Raw data below:
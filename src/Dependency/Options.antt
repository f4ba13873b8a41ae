-- ===== src/Dependency/Options.antt =====
-- rules/dependency/option.go and the list of denied calls of no_side_effect_call_in_core.go.
use go_arch_guard.Prelude.{String, not, List, [], ◌∷◌, ◌==◌, filter}
use go_arch_guard.Core.Violation.{Severity}

pub record RuleConfig : Type 0 where
  pub severity : Severity
  pub inspected_layers : List String
  pub denied_calls : List String
  pub allowed_calls : List String

pub data ConfigOption : Type 0 where
  with_severity : Severity → ConfigOption
  with_inspected_layers : List String → ConfigOption
  with_denied_calls : List String → ConfigOption
  with_allowed_calls : List String → ConfigOption

unfoldable pub non_blank_strings : List String → List String
unfolding filter
non_blank_strings xs = filter (λ s. not (s == "")) xs

unfoldable pub apply_option : ConfigOption → RuleConfig → RuleConfig
unfolding non_blank_strings
apply_option (with_severity severity) cfg = record cfg { severity = severity }
apply_option (with_inspected_layers xs) cfg = record cfg { inspected_layers = non_blank_strings xs }
apply_option (with_denied_calls xs) cfg = record cfg { denied_calls = non_blank_strings xs }
apply_option (with_allowed_calls xs) cfg = record cfg { allowed_calls = non_blank_strings xs }

apply_options : List ConfigOption → RuleConfig → RuleConfig
unfolding apply_option
apply_options [] cfg = cfg
apply_options (o ∷ os) cfg = apply_options os (apply_option o cfg)

abbrev pub default_denied_calls : List String
default_denied_calls =
    "time.Now" ∷ "time.Since" ∷ "time.Until" ∷ "time.After" ∷ "os.Getenv" ∷ "os.LookupEnv"
    ∷ "os.ReadFile" ∷ "os.WriteFile" ∷ "os.Open" ∷ "os.OpenFile" ∷ "os.Create" ∷ "os.CreateTemp"
    ∷ "os.Mkdir" ∷ "os.MkdirAll" ∷ "os.MkdirTemp" ∷ "os.Remove" ∷ "os.RemoveAll" ∷ "os.Rename"
    ∷ "os.Truncate" ∷ "os.Chmod" ∷ "os.Chown" ∷ "os.Chtimes" ∷ "os.Link" ∷ "os.Symlink"
    ∷ "log.Print" ∷ "log.Printf" ∷ "log.Println" ∷ "log.Fatal" ∷ "log.Fatalf" ∷ "log.Fatalln"
    ∷ "log.Panic" ∷ "log.Panicf" ∷ "log.Panicln" ∷ "math/rand.*" ∷ "crypto/rand.Read"
    ∷ "net/http.Get" ∷ "net/http.Head" ∷ "net/http.Post" ∷ "net/http.PostForm"
    ∷ "net/http.(*Client).*" ∷ []

unfoldable pub new_config : List ConfigOption → Severity → RuleConfig
unfolding apply_options
new_config opts severity = apply_options opts (record {
  severity = severity;
  inspected_layers = [];
  denied_calls = default_denied_calls;
  allowed_calls = [];
})
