-- ===== src/Dependency/SideEffects.antt =====
-- rules/dependency/no_side_effect_call_in_core.go: the rule `purity.no-side-effect-call-in-core`. `files`
-- gives, file by file, the calls of a package with what `ResolveCalleeID` says of them.
pub mod Patterns
pub mod Inspected
pub mod Clean
use Prim.Native.String
use go_arch_guard.Prelude.{
  ℕ, char_eq, String, Bool, true, false, not, ◌&&◌, ◌||◌, Option, none, some, List, [], ◌∷◌, ◌==◌,
  ◌^^◌, Map, has_prefix, cut_prefix, any, filter, filter_map, flat_map, is_nil, if◌then◌else◌,
}
use go_arch_guard.Prelude.Order.{str_lt}
use go_arch_guard.Prelude.Sort.{sort}
use go_arch_guard.Prelude.Split.{split_slash}
use go_arch_guard.Core.Violation.{Severity, warning, Violation, RuleSpec, Format}
use go_arch_guard.Core.Architecture.{Architecture, LayoutModel}
use go_arch_guard.Core.Paths.{has_suffix, trim_suffix, trim_right_slash}
use go_arch_guard.Core.Context.{Package, Context, context_arch, is_excluded}
use go_arch_guard.Analysis.Packages.{
  Host, relative_path_for_package, resolve_module_from_context, project_relative_package_path,
}
use go_arch_guard.Dependency.Classify.{meta_no_matching_packages}
use go_arch_guard.Dependency.Options.{RuleConfig}

unfoldable pub spec : RuleConfig → RuleSpec
spec cfg = record {
  id = "purity.no-side-effect-call-in-core";
  description = "domain core layers should not call side-effectful runtime APIs directly";
  default_severity = cfg.severity;
  violations =
      record {
        id = "purity.no-side-effect-call-in-core";
        description = "domain core calls a side-effectful runtime API directly";
        default_severity = cfg.severity;
      }
      ∷ [];
}

-- A call, and what `ast.IsGenerated` says of a file.
pub record CallSite : Type 0 where
  pub call_id : String
  pub filename : String
  pub line : ℕ

pub record CallFile : Type 0 where
  pub filename : String
  pub generated : Bool
  pub calls : List CallSite

-- the loop over the map
unfoldable pub restricted_layers : Map Bool → List String
restricted_layers [] = []
restricted_layers ((layer, restricted) ∷ rest) =
    if restricted then layer ∷ restricted_layers rest else restricted_layers rest

unfoldable pub inspected_layers : RuleConfig → Architecture → List String
unfolding restricted_layers sort str_lt
inspected_layers cfg arch =
    if not (is_nil cfg.inspected_layers)
    then cfg.inspected_layers
    else if not (is_nil arch.layers.pkg_restricted)
    then sort str_lt (restricted_layers arch.layers.pkg_restricted)
    else "core/model" ∷ "entity" ∷ "domain" ∷ "event" ∷ []

unfoldable pub match_call_pattern : String → String → Bool
unfolding has_suffix trim_suffix has_prefix
match_call_pattern pattern call_id =
    if has_suffix pattern "*"
    then has_prefix call_id (trim_suffix pattern "*")
    else pattern == call_id

unfoldable pub matches_any_call_pattern : List String → String → Bool
unfolding any match_call_pattern
matches_any_call_pattern patterns call_id = any (λ p. match_call_pattern p call_id) patterns

unfoldable pub matches_path_prefix : List String → List String → Bool
matches_path_prefix parts [] = true
matches_path_prefix [] (w ∷ want) = false
matches_path_prefix (p ∷ parts) (w ∷ want) = p == w && matches_path_prefix parts want

-- the layer of `afterInternal[2:]`
abbrev below_domain : List String → String → List String → Bool
below_domain [] domain_dir want = false
below_domain (d ∷ []) domain_dir want = false
below_domain (d ∷ name ∷ rest) domain_dir want = d == domain_dir && matches_path_prefix rest want

unfoldable pub matches_layer : List String → String → String → Bool
unfolding matches_path_prefix split_slash
matches_layer after_internal domain_dir layer =
    if not (domain_dir == "")
    then below_domain after_internal domain_dir (split_slash layer)
    else matches_path_prefix after_internal (split_slash layer)

-- strings.TrimLeft(s, "/")
unfoldable pub trim_left_slash : String → String
trim_left_slash String.[] = ""
trim_left_slash (String.◌∷◌ c s) =
    let rest = trim_left_slash s in if char_eq c "/" then rest else String.◌∷◌ c s

-- the root, without slashes around it
unfoldable pub root_or_internal : String → String
unfolding trim_right_slash trim_left_slash
root_or_internal root =
    let root' = trim_left_slash (trim_right_slash root) in if root' == "" then "internal" else root'

abbrev pub is_layer_path : List String → String → Option String → Bool
is_layer_path layers domain_dir none = false
is_layer_path layers domain_dir (some after) =
    any (λ layer. matches_layer (split_slash after) domain_dir layer) layers

unfoldable pub is_inspected_layer_package : Package → String → LayoutModel → List String → Bool
unfolding cut_prefix root_or_internal any matches_layer split_slash
is_inspected_layer_package pkg project_module layout layers =
    let rel = project_relative_package_path pkg.pkg_path project_module in
    if project_module == "" || rel == "" || rel == "."
    then false
    else is_layer_path layers layout.domain_dir
        (cut_prefix (root_or_internal layout.internal_root ^^ "/") rel)

unfoldable pub validate_side_effect_module : Format → List Package → String → List Violation
unfolding any has_prefix
validate_side_effect_module fmt pkgs project_module =
    if project_module == ""
    then meta_no_matching_packages
        "project module could not be determined - purity checks will be skipped"
      ∷ []
    else if any
        (λ pkg. pkg.pkg_path == project_module || has_prefix pkg.pkg_path (project_module ^^ "/"))
        pkgs
    then []
    else meta_no_matching_packages (
        "module "
        ^^ fmt.quote project_module
        ^^ " does not match any loaded package - purity checks will be skipped")
      ∷ []

module _ (host : Host) (files : Package → List CallFile) (cfg : RuleConfig) where
  abbrev pub is_denied : String → Bool
  is_denied call_id = matches_any_call_pattern cfg.denied_calls call_id

  abbrev pub is_allowed : String → Bool
  is_allowed call_id = matches_any_call_pattern cfg.allowed_calls call_id

  unfoldable pub side_effect : Package → CallSite → Violation
  side_effect pkg call = record {
    file = relative_path_for_package host pkg call.filename;
    line = call.line;
    rule = "purity.no-side-effect-call-in-core";
    message =
        "domain core calls side-effectful API " ^^ host.format.quote call.call_id ^^ " directly";
    fix =
        "pass runtime values in from an outer layer or configure dependency.WithAllowedCalls for intentional exceptions";
    default_severity = cfg.severity;
    effective_severity = cfg.severity;
  }

  -- the function that is called for each call
  unfoldable pub check_call : Package → CallSite → Option Violation
  unfolding side_effect matches_any_call_pattern
  check_call pkg call =
      if call.call_id == "" || not (is_denied call.call_id) || is_allowed call.call_id
      then none
      else some (side_effect pkg call)

  -- a file that is not looked into
  abbrev pub is_skipped : Context → Package → CallFile → Bool
  is_skipped ctx pkg file =
      has_suffix file.filename "_test.go"
      || file.generated
      || is_excluded ctx (relative_path_for_package host pkg file.filename)

  unfoldable pub check_call_file : Context → Package → CallFile → List Violation
  unfolding check_call filter_map
  check_call_file ctx pkg file =
      if is_skipped ctx pkg file then [] else filter_map (check_call pkg) file.calls

  unfoldable pub check_package : Context → Package → List Violation
  unfolding check_call_file flat_map
  check_package ctx pkg = flat_map (check_call_file ctx pkg) (files pkg)

  unfoldable pub check : Context → List Violation
  unfolding check_package is_inspected_layer_package inspected_layers validate_side_effect_module
  check ctx =
      let arch = context_arch ctx in
      let project_module = resolve_module_from_context ctx "" in
      let warns = validate_side_effect_module host.format ctx.pkgs project_module in
      let layers = inspected_layers cfg arch in
      if not (is_nil warns)
      then warns
      else if project_module == "" || is_nil layers || is_nil cfg.denied_calls
      then []
      else flat_map (check_package ctx) (
          filter (λ pkg. is_inspected_layer_package pkg project_module arch.layout layers) ctx.pkgs)
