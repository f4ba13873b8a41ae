-- ===== src/Prelude/Search.antt =====
-- Searches through a list: `any`, and what a filter keeps.
use mathlib.Core.Path.{◌≡◌, refl, subst}
use mathlib.Core.Logic.{◌↔◌, inl, inr}
use mathlib.Core.Bool.{Bool, true}
use mathlib.Core.List.{List, [], ◌∷◌}
use native.Mathlib.Omega.{arith}
use go_arch_guard.Prelude.Tests.{Bool-cases}
use go_arch_guard.Prelude.Lists.{any, filter, In, All}

module _ {A : Type 0} (p : A → Bool) where
  abbrev pub Found : List A → Type 0
  Found xs = (x : A) × In x xs × (p x ≡ true)

  any-Found : (xs : List A) → any p xs ≡ true → Found xs
  unfolding any
  any-Found [] h = absurd (cc h)
  any-Found (x ∷ xs) h = elim (Bool-cases (p x)) [
    | inl e ↦ (x, inl refl, e)
    | inr e ↦ let (y, m, k) = any-Found xs (ground (arith, h, e)) in (y, inr m, k)
  ]

  Found-any : (xs : List A) (x : A) → In x xs → p x ≡ true → any p xs ≡ true
  unfolding any
  Found-any [] x m k = elim m [ ]
  Found-any (y ∷ ys) x (inl e) k =
      let here : p y ≡ true = subst (λ z. p z ≡ true) e k in ground (arith, here)
  Found-any (y ∷ ys) x (inr m) k = ground (arith, Found-any ys x m k)

  -- The search finds something exactly where an element passes the test.
  pub any_iff : (xs : List A) → (any p xs ≡ true) ↔ Found xs
  any_iff xs = (any-Found xs, λ (x, m, k). Found-any xs x m k)

  -- What holds of all that a filter keeps holds of all that pass its test.
  pub All-filter_iff :
      (P : A → Type 0) (xs : List A) → All P (filter p xs) ↔ All (λ x. p x ≡ true → P x) xs
  unfolding filter
  All-filter_iff P [] = (λ h. tt, λ h. tt)
  All-filter_iff P (x ∷ xs) = elim (Bool-cases (p x)) [
    | inl e ↦ rw e (
      λ (h, hs). (λ t. h, (All-filter_iff P xs).0 hs),
      λ (h, hs). (h refl, (All-filter_iff P xs).1 hs),
    )
    | inr e ↦ rw e (
      λ hs. (λ t. absurd (cc t), (All-filter_iff P xs).0 hs),
      λ (h, hs). (All-filter_iff P xs).1 hs,
    )
  ]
End of Raw data.
What to do
Look above for the line containing "-- rules/dependency/no_side_effect_call_in_core.go: the" and the line containing "unfolding restricted_layers sort str_lt". Transcribe both, with the lines between them, exactly.

Written solution
-- rules/dependency/no_side_effect_call_in_core.go: the rule `purity.no-side-effect-call-in-core`. `files`
-- gives, file by file, the calls of a package with what `ResolveCalleeID` says of them.
pub mod Patterns
pub mod Inspected
pub mod Clean
use Prim.Native.String
use go_arch_guard.Prelude.{
  ℕ, char_eq, String, Bool, true, false, not, ◌&&◌, ◌||◌, Option, none, some, List, [], ◌∷◌, ◌==◌,
  ◌^^◌, Map, has_prefix, cut_prefix, any, filter, filter_map, flat_map, is_nil, if◌then◌else◌,
}
use go_arch_guard.Prelude.Order.{str_lt}
use go_arch_guard.Prelude.Sort.{sort}
use go_arch_guard.Prelude.Split.{split_slash}
use go_arch_guard.Core.Violation.{Severity, warning, Violation, RuleSpec, Format}
use go_arch_guard.Core.Architecture.{Architecture, LayoutModel}
use go_arch_guard.Core.Paths.{has_suffix, trim_suffix, trim_right_slash}
use go_arch_guard.Core.Context.{Package, Context, context_arch, is_excluded}
use go_arch_guard.Analysis.Packages.{
  Host, relative_path_for_package, resolve_module_from_context, project_relative_package_path,
}
use go_arch_guard.Dependency.Classify.{meta_no_matching_packages}
use go_arch_guard.Dependency.Options.{RuleConfig}

unfoldable pub spec : RuleConfig → RuleSpec
spec cfg = record {
  id = "purity.no-side-effect-call-in-core";
  description = "domain core layers should not call side-effectful runtime APIs directly";
  default_severity = cfg.severity;
  violations =
      record {
        id = "purity.no-side-effect-call-in-core";
        description = "domain core calls a side-effectful runtime API directly";
        default_severity = cfg.severity;
      }
      ∷ [];
}

-- A call, and what `ast.IsGenerated` says of a file.
pub record CallSite : Type 0 where
  pub call_id : String
  pub filename : String
  pub line : ℕ

pub record CallFile : Type 0 where
  pub filename : String
  pub generated : Bool
  pub calls : List CallSite

-- the loop over the map
unfoldable pub restricted_layers : Map Bool → List String
restricted_layers [] = []
restricted_layers ((layer, restricted) ∷ rest) =
    if restricted then layer ∷ restricted_layers rest else restricted_layers rest

unfoldable pub inspected_layers : RuleConfig → Architecture → List String
unfolding restricted_layers sort str_lt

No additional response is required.